> [What the task asks]: Every line of the records that holds the word "their" should be copied out.

(Saved entries)
---------------
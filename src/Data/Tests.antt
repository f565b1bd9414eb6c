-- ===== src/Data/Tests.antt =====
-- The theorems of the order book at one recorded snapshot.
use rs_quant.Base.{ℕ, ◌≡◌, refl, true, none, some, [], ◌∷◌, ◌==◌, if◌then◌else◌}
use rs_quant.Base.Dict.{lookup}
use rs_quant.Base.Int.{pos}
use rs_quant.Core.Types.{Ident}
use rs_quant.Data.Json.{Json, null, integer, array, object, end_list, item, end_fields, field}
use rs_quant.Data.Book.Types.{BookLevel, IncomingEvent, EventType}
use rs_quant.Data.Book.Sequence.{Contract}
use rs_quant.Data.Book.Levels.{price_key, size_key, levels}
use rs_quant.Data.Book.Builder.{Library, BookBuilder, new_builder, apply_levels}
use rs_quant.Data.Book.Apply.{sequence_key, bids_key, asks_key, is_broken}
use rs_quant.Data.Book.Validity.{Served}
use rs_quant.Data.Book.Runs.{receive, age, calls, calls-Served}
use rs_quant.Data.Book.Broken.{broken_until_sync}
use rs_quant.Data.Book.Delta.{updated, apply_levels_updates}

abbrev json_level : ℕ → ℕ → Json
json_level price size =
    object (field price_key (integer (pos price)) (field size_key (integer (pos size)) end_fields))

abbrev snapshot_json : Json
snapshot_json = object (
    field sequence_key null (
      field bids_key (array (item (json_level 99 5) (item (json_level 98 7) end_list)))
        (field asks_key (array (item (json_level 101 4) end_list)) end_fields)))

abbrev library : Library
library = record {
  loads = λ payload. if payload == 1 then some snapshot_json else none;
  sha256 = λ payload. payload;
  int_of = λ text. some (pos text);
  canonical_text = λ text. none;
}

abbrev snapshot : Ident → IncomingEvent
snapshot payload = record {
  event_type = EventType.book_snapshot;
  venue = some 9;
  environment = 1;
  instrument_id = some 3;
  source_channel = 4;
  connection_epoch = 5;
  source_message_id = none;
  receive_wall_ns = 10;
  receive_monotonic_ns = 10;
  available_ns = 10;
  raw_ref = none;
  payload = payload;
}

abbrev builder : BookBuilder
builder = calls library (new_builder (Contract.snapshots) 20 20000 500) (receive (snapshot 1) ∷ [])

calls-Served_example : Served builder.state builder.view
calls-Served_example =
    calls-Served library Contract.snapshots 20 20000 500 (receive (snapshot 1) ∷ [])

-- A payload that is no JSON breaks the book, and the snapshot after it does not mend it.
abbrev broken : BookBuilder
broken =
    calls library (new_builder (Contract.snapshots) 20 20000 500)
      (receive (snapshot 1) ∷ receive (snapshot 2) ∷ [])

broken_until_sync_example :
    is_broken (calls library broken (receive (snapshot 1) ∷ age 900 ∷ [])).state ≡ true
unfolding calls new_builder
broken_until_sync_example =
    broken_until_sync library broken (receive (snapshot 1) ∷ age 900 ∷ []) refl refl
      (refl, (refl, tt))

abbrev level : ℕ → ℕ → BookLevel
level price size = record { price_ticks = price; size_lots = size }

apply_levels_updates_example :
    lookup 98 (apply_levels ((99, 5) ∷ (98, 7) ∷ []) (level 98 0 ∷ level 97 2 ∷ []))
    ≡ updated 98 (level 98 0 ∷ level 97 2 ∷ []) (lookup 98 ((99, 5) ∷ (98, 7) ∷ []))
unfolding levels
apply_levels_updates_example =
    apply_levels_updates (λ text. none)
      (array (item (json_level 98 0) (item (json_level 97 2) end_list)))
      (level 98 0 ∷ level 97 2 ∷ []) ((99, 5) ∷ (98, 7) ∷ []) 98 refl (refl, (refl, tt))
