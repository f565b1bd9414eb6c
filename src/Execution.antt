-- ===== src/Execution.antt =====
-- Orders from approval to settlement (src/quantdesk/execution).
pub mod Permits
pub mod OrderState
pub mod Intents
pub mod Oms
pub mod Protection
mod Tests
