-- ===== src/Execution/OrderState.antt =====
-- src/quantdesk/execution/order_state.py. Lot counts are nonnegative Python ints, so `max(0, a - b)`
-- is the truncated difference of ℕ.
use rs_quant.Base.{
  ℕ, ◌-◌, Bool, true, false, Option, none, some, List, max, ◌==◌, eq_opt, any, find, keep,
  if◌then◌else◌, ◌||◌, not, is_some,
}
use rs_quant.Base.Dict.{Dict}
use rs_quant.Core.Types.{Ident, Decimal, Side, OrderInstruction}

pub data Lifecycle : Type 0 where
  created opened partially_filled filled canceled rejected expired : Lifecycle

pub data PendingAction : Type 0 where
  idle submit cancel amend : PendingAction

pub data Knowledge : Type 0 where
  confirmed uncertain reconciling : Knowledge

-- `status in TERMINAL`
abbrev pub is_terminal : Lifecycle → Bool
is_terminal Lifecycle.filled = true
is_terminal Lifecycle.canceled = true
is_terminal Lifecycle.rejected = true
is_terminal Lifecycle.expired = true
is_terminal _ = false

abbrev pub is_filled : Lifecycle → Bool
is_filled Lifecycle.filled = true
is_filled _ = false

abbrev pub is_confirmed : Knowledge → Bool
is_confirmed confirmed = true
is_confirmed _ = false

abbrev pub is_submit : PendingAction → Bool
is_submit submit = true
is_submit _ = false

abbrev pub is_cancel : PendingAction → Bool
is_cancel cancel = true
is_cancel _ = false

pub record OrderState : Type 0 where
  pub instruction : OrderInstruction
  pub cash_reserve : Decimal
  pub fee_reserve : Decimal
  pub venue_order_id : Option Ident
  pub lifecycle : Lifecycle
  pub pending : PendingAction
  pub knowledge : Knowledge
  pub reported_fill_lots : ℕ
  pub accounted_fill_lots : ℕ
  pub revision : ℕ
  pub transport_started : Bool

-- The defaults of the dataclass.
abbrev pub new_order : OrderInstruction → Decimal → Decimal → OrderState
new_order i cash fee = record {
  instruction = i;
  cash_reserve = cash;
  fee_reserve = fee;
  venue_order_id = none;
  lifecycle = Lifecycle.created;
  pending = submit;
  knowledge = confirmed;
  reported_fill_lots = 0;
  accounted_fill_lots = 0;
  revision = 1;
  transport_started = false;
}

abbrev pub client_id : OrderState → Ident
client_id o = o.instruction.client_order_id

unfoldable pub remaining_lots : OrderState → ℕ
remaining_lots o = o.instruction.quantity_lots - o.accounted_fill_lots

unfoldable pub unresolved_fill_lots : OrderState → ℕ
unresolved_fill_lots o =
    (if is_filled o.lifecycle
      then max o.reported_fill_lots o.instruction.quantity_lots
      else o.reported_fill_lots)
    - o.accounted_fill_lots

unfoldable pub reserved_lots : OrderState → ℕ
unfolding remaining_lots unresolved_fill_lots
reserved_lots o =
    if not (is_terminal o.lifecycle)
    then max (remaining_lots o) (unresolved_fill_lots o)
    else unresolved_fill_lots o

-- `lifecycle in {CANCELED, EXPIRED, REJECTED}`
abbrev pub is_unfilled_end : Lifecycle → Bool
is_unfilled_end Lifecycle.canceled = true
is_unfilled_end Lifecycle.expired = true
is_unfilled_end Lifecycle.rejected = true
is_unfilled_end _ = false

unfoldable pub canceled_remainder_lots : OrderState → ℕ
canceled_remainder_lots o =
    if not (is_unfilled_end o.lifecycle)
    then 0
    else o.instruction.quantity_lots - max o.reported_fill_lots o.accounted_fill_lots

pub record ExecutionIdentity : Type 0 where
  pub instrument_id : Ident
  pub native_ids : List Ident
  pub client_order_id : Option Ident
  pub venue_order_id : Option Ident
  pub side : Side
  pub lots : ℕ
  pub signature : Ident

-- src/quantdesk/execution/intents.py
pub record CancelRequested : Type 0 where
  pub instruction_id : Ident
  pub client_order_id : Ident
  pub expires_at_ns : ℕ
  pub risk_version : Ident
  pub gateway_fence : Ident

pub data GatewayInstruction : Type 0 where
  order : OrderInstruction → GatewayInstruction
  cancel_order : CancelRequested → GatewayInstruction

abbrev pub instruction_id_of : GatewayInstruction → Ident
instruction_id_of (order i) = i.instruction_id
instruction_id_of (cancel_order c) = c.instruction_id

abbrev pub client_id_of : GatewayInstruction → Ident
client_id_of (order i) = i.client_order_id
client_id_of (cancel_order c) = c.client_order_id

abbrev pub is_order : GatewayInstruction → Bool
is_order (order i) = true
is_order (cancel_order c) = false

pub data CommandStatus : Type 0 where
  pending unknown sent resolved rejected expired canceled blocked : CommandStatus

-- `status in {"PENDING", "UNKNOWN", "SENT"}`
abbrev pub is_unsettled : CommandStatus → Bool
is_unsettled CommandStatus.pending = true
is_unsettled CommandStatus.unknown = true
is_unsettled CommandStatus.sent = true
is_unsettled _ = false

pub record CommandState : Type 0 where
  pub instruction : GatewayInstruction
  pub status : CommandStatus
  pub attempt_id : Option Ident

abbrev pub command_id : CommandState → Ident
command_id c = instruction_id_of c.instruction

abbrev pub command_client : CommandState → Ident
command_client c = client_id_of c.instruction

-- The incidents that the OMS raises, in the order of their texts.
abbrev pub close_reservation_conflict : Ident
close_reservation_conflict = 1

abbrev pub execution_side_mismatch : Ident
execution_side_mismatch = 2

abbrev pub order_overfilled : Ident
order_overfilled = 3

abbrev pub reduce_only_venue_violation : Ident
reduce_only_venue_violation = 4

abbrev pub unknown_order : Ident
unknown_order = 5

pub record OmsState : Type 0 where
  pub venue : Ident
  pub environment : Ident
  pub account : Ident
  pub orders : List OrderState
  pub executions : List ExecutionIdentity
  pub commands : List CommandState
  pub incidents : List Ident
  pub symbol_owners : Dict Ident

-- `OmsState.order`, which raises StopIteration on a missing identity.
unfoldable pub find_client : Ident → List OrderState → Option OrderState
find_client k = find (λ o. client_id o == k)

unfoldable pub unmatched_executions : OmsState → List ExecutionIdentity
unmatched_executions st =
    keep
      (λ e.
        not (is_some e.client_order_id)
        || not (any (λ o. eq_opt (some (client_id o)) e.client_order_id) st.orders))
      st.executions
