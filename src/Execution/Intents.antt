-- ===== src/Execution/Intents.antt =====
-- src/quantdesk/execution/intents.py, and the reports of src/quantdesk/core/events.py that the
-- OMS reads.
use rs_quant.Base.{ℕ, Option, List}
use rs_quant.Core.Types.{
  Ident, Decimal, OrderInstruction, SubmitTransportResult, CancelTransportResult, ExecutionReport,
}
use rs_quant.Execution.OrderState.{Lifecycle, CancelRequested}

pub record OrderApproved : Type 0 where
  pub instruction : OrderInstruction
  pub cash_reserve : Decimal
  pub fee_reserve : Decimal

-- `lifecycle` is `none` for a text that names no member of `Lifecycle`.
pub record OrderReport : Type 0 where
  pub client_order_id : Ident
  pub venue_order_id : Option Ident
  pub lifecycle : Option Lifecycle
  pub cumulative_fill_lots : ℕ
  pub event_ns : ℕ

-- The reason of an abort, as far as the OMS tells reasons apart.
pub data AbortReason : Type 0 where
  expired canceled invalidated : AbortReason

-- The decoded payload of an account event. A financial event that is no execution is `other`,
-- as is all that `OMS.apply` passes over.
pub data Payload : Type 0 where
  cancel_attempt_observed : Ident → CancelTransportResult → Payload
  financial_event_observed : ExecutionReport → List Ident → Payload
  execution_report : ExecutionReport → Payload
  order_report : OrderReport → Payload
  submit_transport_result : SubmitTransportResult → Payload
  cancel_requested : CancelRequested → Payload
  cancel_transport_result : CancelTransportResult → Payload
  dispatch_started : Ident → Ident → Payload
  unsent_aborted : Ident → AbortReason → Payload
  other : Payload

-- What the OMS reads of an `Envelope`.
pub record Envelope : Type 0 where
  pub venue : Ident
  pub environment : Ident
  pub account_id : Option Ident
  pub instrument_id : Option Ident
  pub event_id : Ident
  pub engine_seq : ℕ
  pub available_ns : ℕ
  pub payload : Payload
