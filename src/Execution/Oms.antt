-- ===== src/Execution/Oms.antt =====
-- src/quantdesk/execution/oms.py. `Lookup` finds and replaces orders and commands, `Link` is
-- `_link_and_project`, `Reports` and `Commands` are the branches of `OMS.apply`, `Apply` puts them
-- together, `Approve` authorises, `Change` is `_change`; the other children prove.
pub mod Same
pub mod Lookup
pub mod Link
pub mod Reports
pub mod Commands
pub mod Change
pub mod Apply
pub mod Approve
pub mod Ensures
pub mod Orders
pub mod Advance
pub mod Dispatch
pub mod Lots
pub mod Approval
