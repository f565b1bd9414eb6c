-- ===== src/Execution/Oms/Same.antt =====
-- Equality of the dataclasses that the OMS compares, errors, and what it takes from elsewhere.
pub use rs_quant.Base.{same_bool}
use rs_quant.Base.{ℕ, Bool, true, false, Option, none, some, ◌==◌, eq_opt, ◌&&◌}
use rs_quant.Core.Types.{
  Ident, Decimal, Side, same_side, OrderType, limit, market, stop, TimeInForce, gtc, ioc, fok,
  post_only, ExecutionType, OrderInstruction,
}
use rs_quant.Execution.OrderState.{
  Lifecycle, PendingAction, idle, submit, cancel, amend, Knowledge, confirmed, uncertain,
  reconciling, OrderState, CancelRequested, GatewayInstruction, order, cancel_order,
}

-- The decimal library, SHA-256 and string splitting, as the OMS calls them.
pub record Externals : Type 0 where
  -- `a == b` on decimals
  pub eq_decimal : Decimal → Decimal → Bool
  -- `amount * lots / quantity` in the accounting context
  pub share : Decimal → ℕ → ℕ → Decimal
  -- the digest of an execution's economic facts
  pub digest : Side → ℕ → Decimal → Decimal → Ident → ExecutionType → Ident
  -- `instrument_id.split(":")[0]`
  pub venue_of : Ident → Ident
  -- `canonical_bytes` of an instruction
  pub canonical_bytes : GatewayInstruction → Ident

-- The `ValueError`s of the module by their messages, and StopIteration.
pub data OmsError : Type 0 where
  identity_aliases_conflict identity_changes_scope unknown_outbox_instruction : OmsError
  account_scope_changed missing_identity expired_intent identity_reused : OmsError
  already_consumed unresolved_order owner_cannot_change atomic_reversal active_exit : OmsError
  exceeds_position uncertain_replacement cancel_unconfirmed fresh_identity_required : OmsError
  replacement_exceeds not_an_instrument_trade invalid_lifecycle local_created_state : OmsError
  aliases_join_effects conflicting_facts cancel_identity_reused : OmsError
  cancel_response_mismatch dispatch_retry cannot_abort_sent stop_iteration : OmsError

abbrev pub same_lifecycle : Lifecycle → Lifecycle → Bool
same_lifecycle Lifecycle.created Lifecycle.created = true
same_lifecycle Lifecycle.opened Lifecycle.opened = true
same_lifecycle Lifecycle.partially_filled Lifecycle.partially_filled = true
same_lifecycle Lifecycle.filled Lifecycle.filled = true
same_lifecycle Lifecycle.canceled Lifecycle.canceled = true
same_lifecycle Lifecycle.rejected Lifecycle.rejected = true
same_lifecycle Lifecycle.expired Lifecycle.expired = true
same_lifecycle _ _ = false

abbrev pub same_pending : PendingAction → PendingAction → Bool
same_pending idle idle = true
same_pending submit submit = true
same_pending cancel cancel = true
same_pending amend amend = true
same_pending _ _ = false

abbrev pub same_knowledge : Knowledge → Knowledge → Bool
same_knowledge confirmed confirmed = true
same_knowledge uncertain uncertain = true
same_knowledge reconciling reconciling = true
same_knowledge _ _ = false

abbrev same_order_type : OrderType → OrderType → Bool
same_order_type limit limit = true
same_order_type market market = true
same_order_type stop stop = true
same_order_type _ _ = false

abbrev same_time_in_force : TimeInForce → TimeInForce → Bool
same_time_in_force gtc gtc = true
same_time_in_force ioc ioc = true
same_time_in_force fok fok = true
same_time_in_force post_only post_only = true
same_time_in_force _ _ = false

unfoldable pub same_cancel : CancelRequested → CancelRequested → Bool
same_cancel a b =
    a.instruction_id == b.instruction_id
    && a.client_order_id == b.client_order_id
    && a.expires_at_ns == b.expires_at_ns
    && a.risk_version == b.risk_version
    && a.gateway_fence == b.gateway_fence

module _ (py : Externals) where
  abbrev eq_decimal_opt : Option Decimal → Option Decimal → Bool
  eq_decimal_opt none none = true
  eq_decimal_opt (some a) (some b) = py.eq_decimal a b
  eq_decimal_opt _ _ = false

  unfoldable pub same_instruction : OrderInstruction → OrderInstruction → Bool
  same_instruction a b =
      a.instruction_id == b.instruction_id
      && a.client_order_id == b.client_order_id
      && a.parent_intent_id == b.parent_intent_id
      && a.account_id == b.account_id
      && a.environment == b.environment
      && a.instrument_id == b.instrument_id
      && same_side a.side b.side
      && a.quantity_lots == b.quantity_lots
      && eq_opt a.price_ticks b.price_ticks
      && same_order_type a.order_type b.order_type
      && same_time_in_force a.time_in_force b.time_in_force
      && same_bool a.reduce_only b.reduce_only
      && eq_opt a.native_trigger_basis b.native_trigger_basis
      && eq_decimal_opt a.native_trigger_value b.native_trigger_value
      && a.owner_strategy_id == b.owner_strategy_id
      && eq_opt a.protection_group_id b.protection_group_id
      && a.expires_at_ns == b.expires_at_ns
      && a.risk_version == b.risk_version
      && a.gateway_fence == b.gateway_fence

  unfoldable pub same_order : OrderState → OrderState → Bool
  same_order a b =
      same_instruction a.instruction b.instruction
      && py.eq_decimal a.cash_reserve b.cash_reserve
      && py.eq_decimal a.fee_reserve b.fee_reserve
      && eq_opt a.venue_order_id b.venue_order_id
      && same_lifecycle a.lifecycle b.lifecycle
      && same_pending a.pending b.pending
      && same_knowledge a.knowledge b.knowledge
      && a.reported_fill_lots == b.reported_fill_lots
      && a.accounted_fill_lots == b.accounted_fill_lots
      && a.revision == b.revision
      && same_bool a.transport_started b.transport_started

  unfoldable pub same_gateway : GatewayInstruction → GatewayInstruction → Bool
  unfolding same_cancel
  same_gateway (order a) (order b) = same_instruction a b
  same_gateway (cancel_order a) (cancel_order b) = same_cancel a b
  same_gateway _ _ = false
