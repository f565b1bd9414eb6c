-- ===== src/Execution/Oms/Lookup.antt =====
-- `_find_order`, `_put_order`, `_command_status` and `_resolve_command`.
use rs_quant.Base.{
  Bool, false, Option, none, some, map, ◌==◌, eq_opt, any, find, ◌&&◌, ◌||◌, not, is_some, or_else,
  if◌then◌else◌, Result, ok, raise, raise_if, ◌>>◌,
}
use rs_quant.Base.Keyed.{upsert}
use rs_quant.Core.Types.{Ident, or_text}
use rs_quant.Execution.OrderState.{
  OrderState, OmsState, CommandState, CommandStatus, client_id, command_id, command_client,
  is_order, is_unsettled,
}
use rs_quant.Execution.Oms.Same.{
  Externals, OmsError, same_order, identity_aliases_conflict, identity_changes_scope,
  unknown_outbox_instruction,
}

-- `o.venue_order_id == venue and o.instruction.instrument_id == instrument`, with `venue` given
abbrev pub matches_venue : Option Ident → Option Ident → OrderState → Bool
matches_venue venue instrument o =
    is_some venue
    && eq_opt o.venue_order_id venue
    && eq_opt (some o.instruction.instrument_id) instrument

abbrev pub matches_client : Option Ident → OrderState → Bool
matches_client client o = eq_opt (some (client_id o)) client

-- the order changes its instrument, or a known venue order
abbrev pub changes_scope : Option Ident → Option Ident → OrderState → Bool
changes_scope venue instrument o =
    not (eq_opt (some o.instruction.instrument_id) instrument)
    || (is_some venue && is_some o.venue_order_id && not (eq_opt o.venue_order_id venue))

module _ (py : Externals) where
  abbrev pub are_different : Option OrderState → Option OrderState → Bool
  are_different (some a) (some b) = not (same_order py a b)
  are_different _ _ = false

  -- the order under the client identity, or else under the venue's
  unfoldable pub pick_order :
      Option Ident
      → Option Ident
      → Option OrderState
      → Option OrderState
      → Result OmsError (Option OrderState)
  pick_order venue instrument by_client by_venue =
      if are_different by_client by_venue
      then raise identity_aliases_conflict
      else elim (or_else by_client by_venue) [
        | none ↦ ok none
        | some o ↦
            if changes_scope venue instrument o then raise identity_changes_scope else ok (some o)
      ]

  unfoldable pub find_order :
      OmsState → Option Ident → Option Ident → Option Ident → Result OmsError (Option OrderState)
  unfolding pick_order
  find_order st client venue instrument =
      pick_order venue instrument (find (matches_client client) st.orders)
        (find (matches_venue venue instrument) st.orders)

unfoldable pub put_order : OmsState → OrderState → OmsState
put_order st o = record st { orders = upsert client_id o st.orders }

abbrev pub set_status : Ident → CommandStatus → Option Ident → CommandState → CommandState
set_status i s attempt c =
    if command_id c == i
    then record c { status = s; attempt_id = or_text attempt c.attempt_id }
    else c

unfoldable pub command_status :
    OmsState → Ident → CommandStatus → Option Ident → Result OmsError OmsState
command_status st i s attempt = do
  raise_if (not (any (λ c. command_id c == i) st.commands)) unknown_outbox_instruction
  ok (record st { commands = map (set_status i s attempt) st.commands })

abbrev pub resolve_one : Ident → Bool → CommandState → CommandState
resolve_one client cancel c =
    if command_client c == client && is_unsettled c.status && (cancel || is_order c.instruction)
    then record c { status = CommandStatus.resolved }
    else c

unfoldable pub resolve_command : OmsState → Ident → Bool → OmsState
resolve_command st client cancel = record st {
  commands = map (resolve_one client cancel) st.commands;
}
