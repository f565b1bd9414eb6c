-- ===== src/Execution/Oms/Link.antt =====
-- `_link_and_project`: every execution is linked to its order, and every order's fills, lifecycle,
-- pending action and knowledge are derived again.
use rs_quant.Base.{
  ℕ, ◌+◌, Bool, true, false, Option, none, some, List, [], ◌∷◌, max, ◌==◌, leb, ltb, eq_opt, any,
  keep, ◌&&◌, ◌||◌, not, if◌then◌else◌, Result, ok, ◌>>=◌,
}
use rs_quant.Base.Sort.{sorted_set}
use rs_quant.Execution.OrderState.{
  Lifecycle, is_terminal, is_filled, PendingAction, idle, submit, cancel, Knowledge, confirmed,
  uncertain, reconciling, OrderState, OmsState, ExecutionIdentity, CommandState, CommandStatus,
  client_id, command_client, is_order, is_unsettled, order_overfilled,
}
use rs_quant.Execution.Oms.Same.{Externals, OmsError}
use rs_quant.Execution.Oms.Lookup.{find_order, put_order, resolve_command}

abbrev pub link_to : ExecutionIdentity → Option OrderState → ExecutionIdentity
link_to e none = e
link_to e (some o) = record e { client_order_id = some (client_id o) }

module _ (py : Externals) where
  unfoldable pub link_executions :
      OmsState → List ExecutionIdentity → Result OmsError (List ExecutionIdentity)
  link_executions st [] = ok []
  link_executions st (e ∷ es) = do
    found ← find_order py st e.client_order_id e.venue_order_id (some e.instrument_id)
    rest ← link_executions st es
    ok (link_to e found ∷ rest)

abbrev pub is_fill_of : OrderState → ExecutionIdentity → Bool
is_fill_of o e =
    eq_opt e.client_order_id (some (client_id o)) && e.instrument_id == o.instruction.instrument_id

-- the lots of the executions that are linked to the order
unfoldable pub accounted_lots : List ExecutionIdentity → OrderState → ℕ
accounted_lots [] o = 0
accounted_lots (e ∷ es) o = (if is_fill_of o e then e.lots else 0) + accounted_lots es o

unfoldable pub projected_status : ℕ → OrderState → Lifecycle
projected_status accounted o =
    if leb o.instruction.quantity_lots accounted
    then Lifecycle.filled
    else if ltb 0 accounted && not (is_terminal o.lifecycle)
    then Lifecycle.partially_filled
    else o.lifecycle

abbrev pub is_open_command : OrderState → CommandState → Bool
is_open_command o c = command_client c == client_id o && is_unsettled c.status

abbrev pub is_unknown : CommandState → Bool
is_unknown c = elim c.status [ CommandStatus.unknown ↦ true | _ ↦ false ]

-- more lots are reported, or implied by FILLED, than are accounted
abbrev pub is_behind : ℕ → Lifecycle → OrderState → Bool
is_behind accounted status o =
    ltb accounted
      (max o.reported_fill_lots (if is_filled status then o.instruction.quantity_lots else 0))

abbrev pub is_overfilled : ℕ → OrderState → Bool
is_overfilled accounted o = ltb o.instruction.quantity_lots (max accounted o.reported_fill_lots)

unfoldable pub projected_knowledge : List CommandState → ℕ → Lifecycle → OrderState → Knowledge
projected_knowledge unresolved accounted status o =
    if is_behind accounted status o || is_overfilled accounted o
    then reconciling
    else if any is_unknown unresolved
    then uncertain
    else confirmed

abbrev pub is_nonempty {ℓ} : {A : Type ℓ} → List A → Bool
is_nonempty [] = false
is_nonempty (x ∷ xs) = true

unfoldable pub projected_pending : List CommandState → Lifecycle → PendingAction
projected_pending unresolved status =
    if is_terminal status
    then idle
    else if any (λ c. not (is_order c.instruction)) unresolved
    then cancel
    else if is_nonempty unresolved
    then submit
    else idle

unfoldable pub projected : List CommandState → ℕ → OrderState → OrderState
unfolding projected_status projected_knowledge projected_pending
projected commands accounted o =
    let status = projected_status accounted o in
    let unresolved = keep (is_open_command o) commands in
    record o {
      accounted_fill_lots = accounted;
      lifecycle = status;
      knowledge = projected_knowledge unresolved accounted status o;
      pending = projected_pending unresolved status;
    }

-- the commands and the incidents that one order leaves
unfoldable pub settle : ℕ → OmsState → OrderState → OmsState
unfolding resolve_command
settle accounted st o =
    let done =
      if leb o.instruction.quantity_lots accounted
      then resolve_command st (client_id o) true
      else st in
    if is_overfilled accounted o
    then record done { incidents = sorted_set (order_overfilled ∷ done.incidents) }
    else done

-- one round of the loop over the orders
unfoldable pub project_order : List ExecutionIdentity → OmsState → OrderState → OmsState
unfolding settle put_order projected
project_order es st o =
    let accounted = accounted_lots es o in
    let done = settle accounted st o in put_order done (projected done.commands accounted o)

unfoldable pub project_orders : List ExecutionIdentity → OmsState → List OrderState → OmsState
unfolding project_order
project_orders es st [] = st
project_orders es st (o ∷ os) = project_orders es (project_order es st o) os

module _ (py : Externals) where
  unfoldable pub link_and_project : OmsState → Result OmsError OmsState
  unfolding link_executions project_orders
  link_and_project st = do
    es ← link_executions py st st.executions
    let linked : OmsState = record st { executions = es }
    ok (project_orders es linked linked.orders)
---------------
> [Solution]:
-- The incidents that the OMS raises, in the order of their texts.
-- The `ValueError`s of the module by their messages, and StopIteration.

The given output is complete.